# Required work
Pull every line containing "record" from the entries.

Saved entries
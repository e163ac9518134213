-- ===== src/Policy/Room.antt =====
-- What any run of evictions keeps, what it frees, and that it makes room wherever the tier is big
-- enough.
use mathlib.Core.Option.{some-injective}
use kvflow_sim.Base.{
  ℕ, ◌+◌, ◌≤◌, ◌<◌, ◌≡◌, ◌≢◌, refl, sym, ap, subst, ◌∙◌, true, false, inl, inr, List, [], ◌∷◌, none,
  some, Option, arith, sum_by, if◌then◌else◌, nat_eq, Bool-cases,
}
use kvflow_sim.Base.Map
use kvflow_sim.Base.Map.{Map, total, Distinct, get-erase}
use kvflow_sim.Error.{ok}
use kvflow_sim.Cache.Tier.{TierKind, Pool, tier_eq, pool_key}
use kvflow_sim.Cache.Object.{KvObject, CacheLocation}
use kvflow_sim.Cache.State.{
  CacheState, HashOrder, usage, capacity, available_space, location_matches_tier, pool_of, remove,
}
use kvflow_sim.Cache.State.Accounting.{held, IsAccounted, IsWithin, location_matches_tier-hits}
use kvflow_sim.Cache.State.Preserve.{capacity-left}
use kvflow_sim.Cache.State.Invariant.{
  remove_known, remove-IsAccounted, remove-IsWithin, usage-remove, insert-Inserted, overflowed,
  stored, insert-IsAccounted, insert-IsWithin,
}
use kvflow_sim.Policy.Placement.{EvictedKv, PlaceRequest, object_at, store_at}
use kvflow_sim.Policy.Evict.{evict_lru}
use kvflow_sim.Policy.Lru.{Stands, Evicts, stop, evict, Settled, evict_lru-Ran}

-- The bookkeeping is exact, no tier is overfull, and an id is not in use.
pub record IsReady (k : ℕ) (c : CacheState) : Type 0 where
  pub accounted : IsAccounted c
  pub within : IsWithin c
  pub fresh : Map.get k c.objects ≡ none

pub remove-IsReady :
    (k : ℕ) (c : CacheState) (v : KvObject)
    → Map.get v.kv_id c.objects ≡ some v
    → IsReady k c
    → IsReady k (remove c v.kv_id).0
remove-IsReady k c v e i = record {
  accounted = remove-IsAccounted c v.kv_id i.accounted;
  within = remove-IsWithin c v.kv_id i.within;
  fresh = rw (remove_known c v.kv_id v e) (ground (arith, get-erase k v.kv_id c.objects, i.fresh));
}

module _ (n : ℕ) (t : TierKind) (bytes : ℕ) where
  -- Evictions keep a state ready.
  pub Evicts-IsReady :
      (k : ℕ) {c d : CacheState} {l : List EvictedKv}
      → Evicts n t bytes c l d
      → IsReady k c
      → IsReady k d
  Evicts-IsReady k stop i = i
  Evicts-IsReady k (evict {c = c} v tight s least e) i =
      Evicts-IsReady k e (remove-IsReady k c v s.0 i)

  pub Evicts-capacity :
      {c d : CacheState} {l : List EvictedKv} (m : ℕ) (s : TierKind)
      → Evicts n t bytes c l d
      → capacity d m s ≡ capacity c m s
  Evicts-capacity m s stop = refl
  Evicts-capacity m s (evict {c = c} v tight st least e) =
      Evicts-capacity m s e
      ∙ ap (λ (x : CacheState × Option KvObject). capacity x.0 m s) (remove_known c v.kv_id v st.0)
      ∙ capacity-left c v.kv_id v _ m s

  -- From exact bookkeeping, the bytes that a run of evictions lists are just what the tier holds
  -- less than before, and the usage of every other tier is as before.
  pub Evicts-usage :
      {c d : CacheState} {l : List EvictedKv} (m : ℕ) (s : TierKind)
      → Evicts n t bytes c l d
      → IsAccounted c
      → usage d m s
          + (if pool_key.beq (n, t) (m, s) then sum_by (λ (x : EvictedKv). x.bytes) l else 0)
        ≡ usage c m s
  Evicts-usage m s stop a = ground arith
  Evicts-usage m s (evict {c = c} {l = l} v tight st least e) a = ground (
    arith,
    Evicts-usage m s e (remove-IsAccounted c v.kv_id a),
    usage-remove c v.kv_id v m s a st.0,
    location_matches_tier-hits v.location m s,
    location_matches_tier-hits v.location n t,
    st.1,
    pool_key.beq_iff (n, t) (m, s),
  )

total_zero :
    (f : KvObject → ℕ) (m : Map ℕ KvObject)
    → Distinct m
    → ((k : ℕ) (o : KvObject) → Map.get k m ≡ some o → f o ≡ 0)
    → total f m ≡ 0
unfolding Map.get
total_zero f [] d z = refl
total_zero f ((j, v) ∷ m) d z =
    omega
      (arith, z j v (ground arith), total_zero f m d.1 (λ k o g. z k o (ground (arith, g, d.0))))

-- A tier in which nothing stands is wholly available.
empty_usage :
    (c : CacheState) (n : ℕ) (t : TierKind)
    → IsAccounted c
    → ((o : KvObject) → Stands c n t o → ⊥)
    → usage c n t ≡ 0
empty_usage c n t a empty =
    a.exact n t
    ∙ total_zero (held n t) c.objects a.distinct (λ k o g.
      elim (Bool-cases (location_matches_tier o.location n t)) [
        | inl m ↦
            absurd (empty o (subst (λ j. Map.get j c.objects ≡ some o) (sym (a.keyed k o g)) g, m))
        | inr m ↦ rw m
      ])

pub Settled-room :
    (c : CacheState) (n : ℕ) (t : TierKind) (bytes : ℕ)
    → IsAccounted c
    → bytes ≤ capacity c n t
    → Settled n t bytes c
    → bytes ≤ available_space c n t
unfolding available_space
Settled-room c n t bytes a fits (inl room) = room
Settled-room c n t bytes a fits (inr empty) = omega (arith, empty_usage c n t a empty)

-- In a cache with exact bookkeeping and no overfull tier, and for an id not in use, wherever the
-- tier as a whole is as big as the object, the eviction loop makes room for it.
pub evict_lru-room :
    (order : HashOrder) (n : ℕ) (t : TierKind) (bytes k : ℕ) (c : CacheState)
    (before : List EvictedKv)
    → IsReady k c
    → bytes ≤ capacity c n t
    → bytes ≤ available_space (evict_lru order n t bytes c before).0 n t
evict_lru-room order n t bytes k c before i fits =
    let (l, listed, run, settled) = evict_lru-Ran order n t bytes c before i.accounted in
    Settled-room _ n t bytes (Evicts-IsReady n t bytes k run i).accounted
      (rw (Evicts-capacity n t bytes n t run) fits) settled

pub evict_lru-IsReady :
    (order : HashOrder) (n : ℕ) (t : TierKind) (bytes k : ℕ) (c : CacheState)
    (before : List EvictedKv)
    → IsReady k c
    → IsReady k (evict_lru order n t bytes c before).0
evict_lru-IsReady order n t bytes k c before i =
    Evicts-IsReady n t bytes k (evict_lru-Ran order n t bytes c before i.accounted).2 i

pub evict_lru-capacity :
    (order : HashOrder) (n : ℕ) (t : TierKind) (bytes : ℕ) (c : CacheState)
    (before : List EvictedKv) (m : ℕ) (s : TierKind)
    → IsAccounted c
    → capacity (evict_lru order n t bytes c before).0 m s ≡ capacity c m s
evict_lru-capacity order n t bytes c before m s a =
    Evicts-capacity n t bytes m s (evict_lru-Ran order n t bytes c before a).2

-- Another tier of the node has as much room behind the eviction as before.
pub evict_lru-available :
    (order : HashOrder) (n : ℕ) (t : TierKind) (bytes : ℕ) (c : CacheState)
    (before : List EvictedKv) (s : TierKind)
    → t ≢ s
    → IsAccounted c
    → available_space (evict_lru order n t bytes c before).0 n s ≡ available_space c n s
unfolding available_space
evict_lru-available order n t bytes c before s apart a =
    let ran = evict_lru-Ran order n t bytes c before a in
    let miss : pool_key.beq (n, t) (n, s) ≡ false =
      ground (arith, pool_key.beq_iff (n, t) (n, s)) in
    omega (
      arith,
      evict_lru-capacity order n t bytes c before n s a,
      rw miss at (Evicts-usage n t bytes n s ran.2 a),
    )

-- The bookkeeping is exact and no tier is overfull.
pub record IsConsistent (c : CacheState) : Type 0 where
  pub accounted : IsAccounted c
  pub within : IsWithin c

-- The last step of a policy keeps the cache consistent.
pub store_at-IsConsistent :
    (c : CacheState) (r : PlaceRequest) (loc : CacheLocation) (evicted : List EvictedKv)
    → IsReady r.kv_id c
    → IsConsistent (store_at c r loc evicted).0
unfolding store_at
store_at-IsConsistent c r loc evicted i = record {
  accounted = insert-IsAccounted c (object_at r loc) i.accounted i.within i.fresh;
  within = insert-IsWithin c (object_at r loc) i.accounted i.within;
}

-- It succeeds where the tier of the location has room.
pub store_at_fits :
    (c : CacheState) (r : PlaceRequest) (loc : CacheLocation) (evicted : List EvictedKv) (n : ℕ)
    (t : TierKind)
    → IsWithin c
    → pool_of loc ≡ some (n, t)
    → r.bytes ≤ available_space c n t
    → (store_at c r loc evicted).1 ≡ ok (loc, evicted)
unfolding store_at available_space
store_at_fits c r loc evicted n t w pool room = elim (insert-Inserted c (object_at r loc) w) [
  | overflowed m s p h e ↦
      let q = some-injective _ _ (sym p ∙ pool) in
      absurd (
        omega (
          arith,
          ap (λ (x : Pool). capacity c x.0 x.1) q,
          ap (λ (x : Pool). usage c x.0 x.1) q,
          w n t,
        ))
  | stored fits e ↦ rw e
]

pool_matches :
    (loc : CacheLocation) (n : ℕ) (t : TierKind)
    → pool_of loc ≡ some (n, t)
    → location_matches_tier loc n t ≡ true
pool_matches loc n t e =
    ground (arith, location_matches_tier-hits loc n t, pool_key.beq_iff (n, t) (n, t))

-- It fails where the tier has no room.
pub store_at_overflows :
    (c : CacheState) (r : PlaceRequest) (loc : CacheLocation) (evicted : List EvictedKv) (n : ℕ)
    (t : TierKind)
    → IsWithin c
    → pool_of loc ≡ some (n, t)
    → available_space c n t < r.bytes
    → (store_at c r loc evicted).1 ≢ ok (loc, evicted)
unfolding store_at available_space
store_at_overflows c r loc evicted n t w pool tight = elim (insert-Inserted c (object_at r loc) w) [
  | overflowed m s p h e ↦ rw e (λ q. cc)
  | stored fits e ↦ absurd (omega (arith, fits n t (pool_matches loc n t pool)))
]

# Task result
pub record IsReady (k : ℕ) (c : CacheState) : Type 0 where
remove-IsReady k c v e i = record {
pub record IsConsistent (c : CacheState) : Type 0 where
store_at-IsConsistent c r loc evicted i = record {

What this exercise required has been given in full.